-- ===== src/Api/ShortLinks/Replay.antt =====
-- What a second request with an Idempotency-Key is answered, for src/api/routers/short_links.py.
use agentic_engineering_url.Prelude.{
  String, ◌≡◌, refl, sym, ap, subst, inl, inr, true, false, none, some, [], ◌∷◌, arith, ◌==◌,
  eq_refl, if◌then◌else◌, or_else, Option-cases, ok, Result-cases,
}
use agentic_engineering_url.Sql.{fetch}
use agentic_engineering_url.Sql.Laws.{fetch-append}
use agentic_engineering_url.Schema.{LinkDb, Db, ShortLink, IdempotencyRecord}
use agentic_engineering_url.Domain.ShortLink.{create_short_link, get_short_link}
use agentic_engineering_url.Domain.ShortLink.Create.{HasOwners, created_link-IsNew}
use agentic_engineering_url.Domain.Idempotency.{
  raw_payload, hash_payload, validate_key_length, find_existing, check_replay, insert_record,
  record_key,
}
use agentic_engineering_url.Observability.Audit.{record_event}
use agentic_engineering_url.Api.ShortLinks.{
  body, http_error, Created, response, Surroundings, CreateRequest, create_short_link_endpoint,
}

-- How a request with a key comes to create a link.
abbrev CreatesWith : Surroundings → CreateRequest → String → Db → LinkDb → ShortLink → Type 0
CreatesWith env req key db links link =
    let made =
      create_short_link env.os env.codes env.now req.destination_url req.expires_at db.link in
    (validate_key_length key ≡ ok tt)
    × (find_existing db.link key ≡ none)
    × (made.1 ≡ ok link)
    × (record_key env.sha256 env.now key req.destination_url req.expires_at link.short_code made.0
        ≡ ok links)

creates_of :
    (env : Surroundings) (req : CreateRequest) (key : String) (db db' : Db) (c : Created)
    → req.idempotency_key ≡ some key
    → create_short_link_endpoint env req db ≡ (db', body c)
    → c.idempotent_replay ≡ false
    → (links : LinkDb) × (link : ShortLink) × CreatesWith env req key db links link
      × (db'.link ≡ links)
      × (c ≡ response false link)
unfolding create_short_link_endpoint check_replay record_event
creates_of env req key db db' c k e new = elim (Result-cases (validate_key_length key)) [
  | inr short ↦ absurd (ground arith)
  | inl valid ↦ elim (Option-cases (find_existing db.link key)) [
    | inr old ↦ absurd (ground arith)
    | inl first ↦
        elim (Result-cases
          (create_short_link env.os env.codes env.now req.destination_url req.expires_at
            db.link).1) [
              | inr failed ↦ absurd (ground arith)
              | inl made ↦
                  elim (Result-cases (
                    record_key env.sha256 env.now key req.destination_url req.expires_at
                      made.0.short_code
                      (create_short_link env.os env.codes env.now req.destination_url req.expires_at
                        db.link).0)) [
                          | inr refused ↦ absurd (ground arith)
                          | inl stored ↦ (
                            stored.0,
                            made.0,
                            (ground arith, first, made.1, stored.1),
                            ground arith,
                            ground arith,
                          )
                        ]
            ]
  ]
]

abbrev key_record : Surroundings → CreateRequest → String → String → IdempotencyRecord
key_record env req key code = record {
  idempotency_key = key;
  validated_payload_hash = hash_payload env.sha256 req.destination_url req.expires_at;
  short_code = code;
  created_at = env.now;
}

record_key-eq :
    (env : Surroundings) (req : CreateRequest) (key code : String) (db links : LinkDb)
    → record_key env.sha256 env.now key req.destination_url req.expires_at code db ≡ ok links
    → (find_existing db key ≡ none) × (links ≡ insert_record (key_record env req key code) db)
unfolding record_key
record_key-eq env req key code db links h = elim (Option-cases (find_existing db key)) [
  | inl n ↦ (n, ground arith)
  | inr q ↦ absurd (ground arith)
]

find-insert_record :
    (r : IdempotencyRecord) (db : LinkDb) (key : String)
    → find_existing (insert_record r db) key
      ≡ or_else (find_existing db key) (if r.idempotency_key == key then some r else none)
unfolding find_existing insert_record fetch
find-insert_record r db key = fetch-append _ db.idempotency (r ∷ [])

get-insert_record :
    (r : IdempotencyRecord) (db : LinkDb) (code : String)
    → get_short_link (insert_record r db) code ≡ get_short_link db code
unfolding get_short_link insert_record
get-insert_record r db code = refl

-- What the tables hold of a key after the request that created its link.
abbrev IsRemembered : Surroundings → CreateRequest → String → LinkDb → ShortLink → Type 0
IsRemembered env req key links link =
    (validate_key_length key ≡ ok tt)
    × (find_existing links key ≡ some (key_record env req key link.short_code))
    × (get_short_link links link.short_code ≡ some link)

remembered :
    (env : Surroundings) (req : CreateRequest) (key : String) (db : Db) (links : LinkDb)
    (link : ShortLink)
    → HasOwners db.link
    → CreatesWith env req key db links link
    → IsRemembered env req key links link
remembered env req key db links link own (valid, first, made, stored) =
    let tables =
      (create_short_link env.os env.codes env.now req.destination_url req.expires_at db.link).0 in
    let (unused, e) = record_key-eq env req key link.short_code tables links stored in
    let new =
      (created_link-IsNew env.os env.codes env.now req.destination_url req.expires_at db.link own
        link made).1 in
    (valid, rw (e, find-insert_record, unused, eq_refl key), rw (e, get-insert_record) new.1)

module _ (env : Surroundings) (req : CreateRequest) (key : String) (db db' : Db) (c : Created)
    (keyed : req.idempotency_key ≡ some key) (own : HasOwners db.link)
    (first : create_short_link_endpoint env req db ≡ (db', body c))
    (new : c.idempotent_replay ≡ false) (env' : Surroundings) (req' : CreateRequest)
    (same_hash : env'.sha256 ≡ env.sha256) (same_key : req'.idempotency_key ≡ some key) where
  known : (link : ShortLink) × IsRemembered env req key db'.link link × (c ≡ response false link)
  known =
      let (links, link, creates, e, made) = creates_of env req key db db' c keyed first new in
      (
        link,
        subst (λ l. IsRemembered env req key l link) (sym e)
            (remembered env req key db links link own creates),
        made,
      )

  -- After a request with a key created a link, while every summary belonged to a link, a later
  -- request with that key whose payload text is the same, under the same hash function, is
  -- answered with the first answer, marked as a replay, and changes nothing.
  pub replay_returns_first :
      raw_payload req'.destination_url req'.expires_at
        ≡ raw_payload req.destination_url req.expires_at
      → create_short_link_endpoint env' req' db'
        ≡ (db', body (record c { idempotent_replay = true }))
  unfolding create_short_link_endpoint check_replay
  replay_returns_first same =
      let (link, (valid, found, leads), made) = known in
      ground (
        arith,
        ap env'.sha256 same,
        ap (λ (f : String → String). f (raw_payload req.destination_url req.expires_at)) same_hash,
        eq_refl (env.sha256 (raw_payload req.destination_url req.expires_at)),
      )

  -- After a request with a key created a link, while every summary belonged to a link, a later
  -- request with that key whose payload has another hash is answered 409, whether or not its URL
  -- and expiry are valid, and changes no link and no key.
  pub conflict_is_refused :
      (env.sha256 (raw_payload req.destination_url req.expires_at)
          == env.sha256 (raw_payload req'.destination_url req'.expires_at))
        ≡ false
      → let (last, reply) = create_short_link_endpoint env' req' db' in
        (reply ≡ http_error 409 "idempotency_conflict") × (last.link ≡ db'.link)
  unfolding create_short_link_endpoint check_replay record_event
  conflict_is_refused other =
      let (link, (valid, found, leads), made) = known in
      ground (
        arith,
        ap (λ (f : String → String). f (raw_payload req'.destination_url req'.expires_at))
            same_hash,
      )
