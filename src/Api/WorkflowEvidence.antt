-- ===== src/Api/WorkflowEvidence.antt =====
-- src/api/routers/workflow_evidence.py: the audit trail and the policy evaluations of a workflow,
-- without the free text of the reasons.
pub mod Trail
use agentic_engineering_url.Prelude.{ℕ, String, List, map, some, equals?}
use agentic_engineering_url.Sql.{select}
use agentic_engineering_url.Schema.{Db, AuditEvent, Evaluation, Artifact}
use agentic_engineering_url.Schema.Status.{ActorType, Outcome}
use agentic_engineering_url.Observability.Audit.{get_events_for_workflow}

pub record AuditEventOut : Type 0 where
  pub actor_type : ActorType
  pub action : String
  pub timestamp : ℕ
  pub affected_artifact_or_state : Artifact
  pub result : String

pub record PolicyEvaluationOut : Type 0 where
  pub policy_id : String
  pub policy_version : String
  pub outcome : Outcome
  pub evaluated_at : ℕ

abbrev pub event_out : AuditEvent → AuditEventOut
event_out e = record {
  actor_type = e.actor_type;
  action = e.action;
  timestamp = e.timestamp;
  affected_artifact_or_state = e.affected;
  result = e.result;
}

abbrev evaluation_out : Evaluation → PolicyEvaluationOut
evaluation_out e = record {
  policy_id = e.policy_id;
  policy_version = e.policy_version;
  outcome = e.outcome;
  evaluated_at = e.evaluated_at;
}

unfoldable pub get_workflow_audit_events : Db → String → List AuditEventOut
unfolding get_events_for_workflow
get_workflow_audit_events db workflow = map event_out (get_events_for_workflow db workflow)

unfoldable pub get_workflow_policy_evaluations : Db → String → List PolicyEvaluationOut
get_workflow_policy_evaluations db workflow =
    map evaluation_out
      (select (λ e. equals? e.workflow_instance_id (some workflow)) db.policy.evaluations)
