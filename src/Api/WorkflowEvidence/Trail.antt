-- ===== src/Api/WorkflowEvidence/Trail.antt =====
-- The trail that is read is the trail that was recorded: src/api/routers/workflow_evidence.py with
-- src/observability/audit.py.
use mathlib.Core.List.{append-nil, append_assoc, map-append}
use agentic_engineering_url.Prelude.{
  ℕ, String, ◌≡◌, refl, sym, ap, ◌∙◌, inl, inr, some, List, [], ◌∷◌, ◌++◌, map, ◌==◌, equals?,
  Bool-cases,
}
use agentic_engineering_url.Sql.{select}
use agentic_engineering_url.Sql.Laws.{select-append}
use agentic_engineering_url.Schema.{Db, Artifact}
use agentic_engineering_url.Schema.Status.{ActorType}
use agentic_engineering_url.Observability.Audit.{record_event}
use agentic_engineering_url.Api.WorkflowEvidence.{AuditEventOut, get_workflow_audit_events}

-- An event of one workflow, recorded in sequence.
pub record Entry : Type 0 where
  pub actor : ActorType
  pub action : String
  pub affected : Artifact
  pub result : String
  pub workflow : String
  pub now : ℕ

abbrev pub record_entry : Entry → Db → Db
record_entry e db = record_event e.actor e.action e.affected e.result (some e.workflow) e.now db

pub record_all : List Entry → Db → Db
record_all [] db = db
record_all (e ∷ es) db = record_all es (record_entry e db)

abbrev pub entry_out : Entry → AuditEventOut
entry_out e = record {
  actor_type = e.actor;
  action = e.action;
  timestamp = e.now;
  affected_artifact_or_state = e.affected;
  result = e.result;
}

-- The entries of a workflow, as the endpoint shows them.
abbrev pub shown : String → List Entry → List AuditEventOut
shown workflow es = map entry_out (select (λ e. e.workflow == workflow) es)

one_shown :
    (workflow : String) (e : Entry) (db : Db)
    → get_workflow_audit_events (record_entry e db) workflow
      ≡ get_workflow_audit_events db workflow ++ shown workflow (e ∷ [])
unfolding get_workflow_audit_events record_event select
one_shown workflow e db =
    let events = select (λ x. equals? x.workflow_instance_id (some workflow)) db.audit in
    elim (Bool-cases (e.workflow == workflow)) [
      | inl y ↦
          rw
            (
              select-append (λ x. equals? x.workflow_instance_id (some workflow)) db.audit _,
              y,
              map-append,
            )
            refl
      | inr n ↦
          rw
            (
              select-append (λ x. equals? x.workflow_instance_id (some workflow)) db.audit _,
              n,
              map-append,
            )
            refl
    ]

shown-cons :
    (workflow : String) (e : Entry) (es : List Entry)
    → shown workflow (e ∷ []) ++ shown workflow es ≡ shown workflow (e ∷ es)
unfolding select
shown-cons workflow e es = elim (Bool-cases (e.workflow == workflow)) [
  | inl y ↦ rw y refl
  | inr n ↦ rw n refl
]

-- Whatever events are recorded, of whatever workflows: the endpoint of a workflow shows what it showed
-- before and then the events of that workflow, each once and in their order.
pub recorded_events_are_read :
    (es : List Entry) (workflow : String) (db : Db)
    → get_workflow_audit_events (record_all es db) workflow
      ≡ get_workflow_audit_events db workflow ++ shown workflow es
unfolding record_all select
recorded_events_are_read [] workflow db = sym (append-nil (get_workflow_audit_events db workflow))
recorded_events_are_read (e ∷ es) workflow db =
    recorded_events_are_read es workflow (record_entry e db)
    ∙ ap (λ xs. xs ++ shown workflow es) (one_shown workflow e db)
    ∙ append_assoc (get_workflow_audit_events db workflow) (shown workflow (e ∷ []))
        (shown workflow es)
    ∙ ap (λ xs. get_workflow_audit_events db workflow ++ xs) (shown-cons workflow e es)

== What the task asks ==
Copy out every line from the material above in which the word "shows" appears.

== Your response ==
-- The entries of a workflow, as the endpoint shows them.
-- Whatever events are recorded, of whatever workflows: the endpoint of a workflow shows what it showed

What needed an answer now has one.